▶ _Dataset entries_:

______________________________

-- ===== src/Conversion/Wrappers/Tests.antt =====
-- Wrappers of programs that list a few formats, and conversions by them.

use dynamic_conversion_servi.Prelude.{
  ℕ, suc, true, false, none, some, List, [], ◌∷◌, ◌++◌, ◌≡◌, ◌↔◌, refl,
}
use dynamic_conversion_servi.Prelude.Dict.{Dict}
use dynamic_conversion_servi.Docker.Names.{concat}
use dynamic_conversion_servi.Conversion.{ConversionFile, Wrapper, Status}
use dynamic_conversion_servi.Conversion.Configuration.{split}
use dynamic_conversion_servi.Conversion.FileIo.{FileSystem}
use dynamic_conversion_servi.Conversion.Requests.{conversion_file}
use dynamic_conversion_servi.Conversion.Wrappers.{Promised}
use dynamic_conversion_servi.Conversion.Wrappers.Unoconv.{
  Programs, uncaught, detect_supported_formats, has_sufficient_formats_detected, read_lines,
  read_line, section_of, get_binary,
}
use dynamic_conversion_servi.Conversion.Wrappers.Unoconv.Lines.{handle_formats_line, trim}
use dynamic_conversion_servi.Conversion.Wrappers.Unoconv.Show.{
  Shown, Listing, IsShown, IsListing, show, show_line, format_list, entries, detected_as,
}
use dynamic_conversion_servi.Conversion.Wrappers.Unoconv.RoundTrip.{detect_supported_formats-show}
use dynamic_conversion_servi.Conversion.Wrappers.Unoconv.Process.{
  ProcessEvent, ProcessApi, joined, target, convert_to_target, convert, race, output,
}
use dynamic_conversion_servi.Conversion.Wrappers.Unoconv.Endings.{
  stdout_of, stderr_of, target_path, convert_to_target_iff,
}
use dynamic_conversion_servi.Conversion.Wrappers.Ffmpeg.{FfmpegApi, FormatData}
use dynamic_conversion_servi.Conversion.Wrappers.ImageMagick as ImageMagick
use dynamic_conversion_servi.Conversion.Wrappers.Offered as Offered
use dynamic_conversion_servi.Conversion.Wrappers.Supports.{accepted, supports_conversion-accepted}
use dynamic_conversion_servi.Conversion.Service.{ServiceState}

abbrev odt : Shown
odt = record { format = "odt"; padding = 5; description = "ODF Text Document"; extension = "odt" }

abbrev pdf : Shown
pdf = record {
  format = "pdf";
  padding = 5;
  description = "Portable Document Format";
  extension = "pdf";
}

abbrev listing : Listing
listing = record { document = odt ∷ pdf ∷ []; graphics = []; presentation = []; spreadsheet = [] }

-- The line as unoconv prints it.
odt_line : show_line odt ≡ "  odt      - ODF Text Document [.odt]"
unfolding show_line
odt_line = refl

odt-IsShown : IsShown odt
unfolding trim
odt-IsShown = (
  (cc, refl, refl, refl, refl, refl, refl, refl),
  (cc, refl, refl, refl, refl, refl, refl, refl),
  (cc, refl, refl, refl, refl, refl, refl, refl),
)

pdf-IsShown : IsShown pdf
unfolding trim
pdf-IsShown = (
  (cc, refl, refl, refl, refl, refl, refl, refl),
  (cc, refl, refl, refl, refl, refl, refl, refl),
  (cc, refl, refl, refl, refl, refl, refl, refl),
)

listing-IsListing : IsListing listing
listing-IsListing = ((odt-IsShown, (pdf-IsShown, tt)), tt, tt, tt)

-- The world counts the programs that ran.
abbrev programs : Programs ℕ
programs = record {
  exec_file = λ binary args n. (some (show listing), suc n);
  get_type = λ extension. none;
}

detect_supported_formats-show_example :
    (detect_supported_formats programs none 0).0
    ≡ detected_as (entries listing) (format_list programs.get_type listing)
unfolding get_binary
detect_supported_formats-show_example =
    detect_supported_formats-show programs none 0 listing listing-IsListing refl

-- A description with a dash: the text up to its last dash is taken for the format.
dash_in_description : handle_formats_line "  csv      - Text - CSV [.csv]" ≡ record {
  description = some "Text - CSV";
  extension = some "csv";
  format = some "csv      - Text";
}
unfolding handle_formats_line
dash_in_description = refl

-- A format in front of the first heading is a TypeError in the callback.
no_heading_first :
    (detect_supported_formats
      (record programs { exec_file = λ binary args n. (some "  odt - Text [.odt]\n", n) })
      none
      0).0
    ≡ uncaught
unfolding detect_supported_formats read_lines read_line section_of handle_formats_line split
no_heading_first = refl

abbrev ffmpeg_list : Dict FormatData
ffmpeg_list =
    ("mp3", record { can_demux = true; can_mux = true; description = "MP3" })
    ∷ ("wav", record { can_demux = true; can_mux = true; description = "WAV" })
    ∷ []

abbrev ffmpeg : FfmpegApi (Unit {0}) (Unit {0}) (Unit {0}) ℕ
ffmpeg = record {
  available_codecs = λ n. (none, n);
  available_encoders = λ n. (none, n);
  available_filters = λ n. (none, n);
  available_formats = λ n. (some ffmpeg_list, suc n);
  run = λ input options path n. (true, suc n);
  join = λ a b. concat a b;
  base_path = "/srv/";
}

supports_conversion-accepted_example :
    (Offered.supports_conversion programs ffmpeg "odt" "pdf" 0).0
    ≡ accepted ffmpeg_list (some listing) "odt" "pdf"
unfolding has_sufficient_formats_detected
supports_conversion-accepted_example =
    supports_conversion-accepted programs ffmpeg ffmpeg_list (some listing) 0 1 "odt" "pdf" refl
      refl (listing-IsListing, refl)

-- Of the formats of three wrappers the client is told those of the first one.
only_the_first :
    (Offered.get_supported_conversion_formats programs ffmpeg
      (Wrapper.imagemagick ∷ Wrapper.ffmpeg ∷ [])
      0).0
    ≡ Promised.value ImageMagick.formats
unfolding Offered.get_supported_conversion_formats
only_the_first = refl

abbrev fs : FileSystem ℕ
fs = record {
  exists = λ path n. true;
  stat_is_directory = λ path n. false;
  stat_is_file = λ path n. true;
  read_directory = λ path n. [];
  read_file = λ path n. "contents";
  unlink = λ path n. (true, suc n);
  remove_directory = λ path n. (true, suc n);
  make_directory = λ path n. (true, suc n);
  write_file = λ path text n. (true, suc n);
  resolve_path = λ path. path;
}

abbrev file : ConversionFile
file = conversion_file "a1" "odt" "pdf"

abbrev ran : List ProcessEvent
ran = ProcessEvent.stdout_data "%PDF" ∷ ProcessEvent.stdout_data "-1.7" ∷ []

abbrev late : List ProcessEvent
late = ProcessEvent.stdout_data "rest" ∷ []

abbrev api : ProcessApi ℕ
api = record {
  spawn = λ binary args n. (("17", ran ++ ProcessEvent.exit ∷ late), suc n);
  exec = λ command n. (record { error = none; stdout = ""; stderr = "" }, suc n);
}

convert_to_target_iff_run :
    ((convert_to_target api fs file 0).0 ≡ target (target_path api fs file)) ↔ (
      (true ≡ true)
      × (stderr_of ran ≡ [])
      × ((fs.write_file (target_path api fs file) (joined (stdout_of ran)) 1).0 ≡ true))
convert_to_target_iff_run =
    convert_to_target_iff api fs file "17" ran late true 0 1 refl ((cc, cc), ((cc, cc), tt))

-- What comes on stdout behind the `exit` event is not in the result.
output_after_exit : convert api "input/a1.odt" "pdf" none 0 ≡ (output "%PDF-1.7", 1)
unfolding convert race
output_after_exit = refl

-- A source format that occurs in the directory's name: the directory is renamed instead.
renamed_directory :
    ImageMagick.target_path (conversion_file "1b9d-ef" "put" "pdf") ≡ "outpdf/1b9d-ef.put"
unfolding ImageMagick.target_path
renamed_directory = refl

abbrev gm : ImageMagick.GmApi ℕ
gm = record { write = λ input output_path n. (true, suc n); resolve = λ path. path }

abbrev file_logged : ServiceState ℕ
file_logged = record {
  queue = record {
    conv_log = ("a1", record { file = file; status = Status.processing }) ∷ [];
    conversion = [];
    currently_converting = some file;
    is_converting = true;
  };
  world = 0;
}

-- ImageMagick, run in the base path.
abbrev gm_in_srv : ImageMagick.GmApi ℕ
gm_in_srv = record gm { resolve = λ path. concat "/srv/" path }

______________________________

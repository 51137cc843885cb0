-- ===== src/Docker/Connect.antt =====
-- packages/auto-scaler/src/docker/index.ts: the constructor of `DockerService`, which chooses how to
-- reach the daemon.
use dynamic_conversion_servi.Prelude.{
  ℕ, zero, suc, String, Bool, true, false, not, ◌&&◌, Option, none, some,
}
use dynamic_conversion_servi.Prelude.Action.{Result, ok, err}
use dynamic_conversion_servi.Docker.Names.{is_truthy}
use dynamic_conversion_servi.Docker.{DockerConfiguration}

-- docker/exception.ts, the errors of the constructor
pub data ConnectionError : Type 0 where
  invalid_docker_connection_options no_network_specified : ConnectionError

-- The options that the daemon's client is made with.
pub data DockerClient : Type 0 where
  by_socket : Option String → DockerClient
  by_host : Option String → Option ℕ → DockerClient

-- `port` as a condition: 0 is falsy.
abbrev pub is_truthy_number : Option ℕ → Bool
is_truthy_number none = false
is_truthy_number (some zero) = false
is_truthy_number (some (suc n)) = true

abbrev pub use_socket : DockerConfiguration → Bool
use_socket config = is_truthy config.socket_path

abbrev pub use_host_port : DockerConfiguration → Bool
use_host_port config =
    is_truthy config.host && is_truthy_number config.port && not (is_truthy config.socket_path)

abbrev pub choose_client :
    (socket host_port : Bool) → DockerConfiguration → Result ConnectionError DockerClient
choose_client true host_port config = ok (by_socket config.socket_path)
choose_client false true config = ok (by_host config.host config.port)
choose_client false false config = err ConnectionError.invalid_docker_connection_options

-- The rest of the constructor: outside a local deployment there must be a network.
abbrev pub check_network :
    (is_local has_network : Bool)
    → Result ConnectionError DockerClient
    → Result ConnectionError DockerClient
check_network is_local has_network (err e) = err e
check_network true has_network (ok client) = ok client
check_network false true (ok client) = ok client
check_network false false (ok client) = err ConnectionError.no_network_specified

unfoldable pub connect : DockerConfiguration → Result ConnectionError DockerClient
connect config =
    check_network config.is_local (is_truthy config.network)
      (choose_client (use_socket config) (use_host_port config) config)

______________________________

▶ _TASK BRIEF_: Above are the records. Copy the lines beginning at the one that has "api = record" and ending with the one that has "(stderr_of ran ≡ [])", unchanged.

▶ _YOUR SOLUTION_:
api = record {
  spawn = λ binary args n. (("17", ran ++ ProcessEvent.exit ∷ late), suc n);
  exec = λ command n. (record { error = none; stdout = ""; stderr = "" }, suc n);
}

convert_to_target_iff_run :
    ((convert_to_target api fs file 0).0 ≡ target (target_path api fs file)) ↔ (
      (true ≡ true)
      × (stderr_of ran ≡ [])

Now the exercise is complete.